I imagine it would be really easy, but if I had a starting recipe or two with the right proportions or some good ideas I could tweak them or modify them...

Surely, with a blender, I could make a slushy-like drink?

TIA for any suggestions.


----------



## Storm Bride (Mar 2, 2005)

What about smoothies?

If you want something more like a slushie, I do one for us that ds2 loves. DD doesn't care for it, though.

One peeled grapefruit, in sections.
1/2 cup of orange juice
1 Tbsp. lime juice
Honey to taste (about 1 Tbsp.)
1 to 1 1/2 cups ice cubes

I find it really refreshing on a hot day.


----------



## AFWife (Aug 30, 2008)

subbing


----------



## notjustmamie (Mar 7, 2007)

We make fruit smoothies in the food processor (I assume our recipe would work in the blender, too, though):

3 c frozen berries (chop before measuring if they are larger, such as strawberries)
1 banana
1½ c milk (adding more if it's too thick)

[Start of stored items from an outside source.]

-- ===== src/Sdk/Verify/SignedIn/Tests.antt =====
-- packages/sdk/src/server.ts and signin.ts: the sign-in route at a concrete sign-in.
use vera_key.Prelude.{◌≡◌, refl, String, [], none, some}
use vera_key.Prelude.Text.{big_int, lower}
use vera_key.Collections.Map
use vera_key.Sdk.Values.{length16, property, is_digits, digits_up_to}
use vera_key.Sdk.Connect.{is_bytes32, message_field}
use vera_key.Sdk.Viem.{text_of}
use vera_key.Sdk.Bytes.{to_field_hex, limbs}
use vera_key.Sdk.Bytes.Base64.{base64_url_encode}
use vera_key.Sdk.MemoryStore.{claim, tidy}
use vera_key.Sdk.Session.{Player}
use vera_key.Sdk.Payment.{ok}
use vera_key.Sdk.SignIn.{NonceCookie, read_nonce, sign_in}
use vera_key.Sdk.Verify.{statement_of, normalize_origin}
use vera_key.Sdk.Verify.Chain.{verify_sign_in}
use vera_key.Sdk.Verify.Laws.{IsVerified}
use vera_key.Sdk.Verify.SignedIn.{SiteChecks, options_for, site_of, sign_in-IsVerified}
use vera_key.Sdk.Verify.Examples.{viem, node, result, id_hex}

abbrev checks : SiteChecks
checks = record {
  viem = viem;
  node = node;
  origin = "https://game.example";
  deployment = record {
    chain_id = 1;
    factory = "0xfa";
    rp_id_hash = "0x33";
    origin = "https://vera.key";
    honk_verifier = "0xab";
  };
  details = λ cs. [];
}

abbrev cookie : NonceCookie
cookie = record { nonce = id_hex; expires_at = "1300" }

abbrev player : Player
player = record { id = id_hex; account = "0xac" }

route : Unit {0}
unfolding sign_in read_nonce is_bytes32 is_digits digits_up_to property length16 big_int lower claim
    tidy Map.get Map.set verify_sign_in to_field_hex normalize_origin base64_url_encode limbs
route = tt

sign_in-player :
    (sign_in (site_of checks 1100000 (λ p. none)) result (some cookie) 1100000 []).0 ≡ ok player
unfolding route
sign_in-player = refl

sign_in-IsVerified_example :
    (issued : String) × (read_nonce viem.platform 1100000 (some cookie) ≡ some issued)
    × IsVerified viem node (options_for checks issued) 1100000 result
    × (player.id ≡ (statement_of (message_field "statement" result)).nullifier)
    × (player.account ≡ text_of (message_field "account" result))
sign_in-IsVerified_example =
    sign_in-IsVerified checks (λ p. none) result (some cookie) 1100000 [] player sign_in-player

Makes 2-16 oz or 4-8 oz smoothies


----------



## Kinguk (Jun 26, 2008)

I make smoothies a couple of times a week and the toddlers get so excited when they see the blender out.

I use equal parts milk, plain yogurt, frozen berries (about 1/2 cup of each) and then a whole banana...you could use half a banana. Then, if I'm feeling really spicy I'll add a sploosh of juice from concentrate. Like the tots say, "me-yum, me-yum, me-yum"


----------



## Storm Bride (Mar 2, 2005)

Quote:


Originally Posted by *notjustmamie* 
We make fruit smoothies in the food processor (I assume our recipe would work in the blender, too, though):

3 c frozen berries (chop before measuring if they are larger, such as strawberries)
1 banana
1½ c milk (adding more if it's too thick)

Makes 2-16 oz or 4-8 oz smoothies










My standard smoothie is similar. I use yogurt, instead of milk (slightly over a cup), 1 banana, and 2-3 cups of frozen fruit. They're not really drinks, though...more like a _really_ thick milkshake. My kids go nuts when I do the berry one.

Another really good one - but I've lost my recipe and don't have the proportions - is a tropical one:

Coconut milk
Pineapple
Orange juice
Banana

I know it was one banana. I think it was about 1/4 cup of OJ, 1/2 cup of the coconut milk, and 1 cup of chopped pineapple...but I may be way off. It's been a while.


----------



## Ellp (Nov 18, 2004)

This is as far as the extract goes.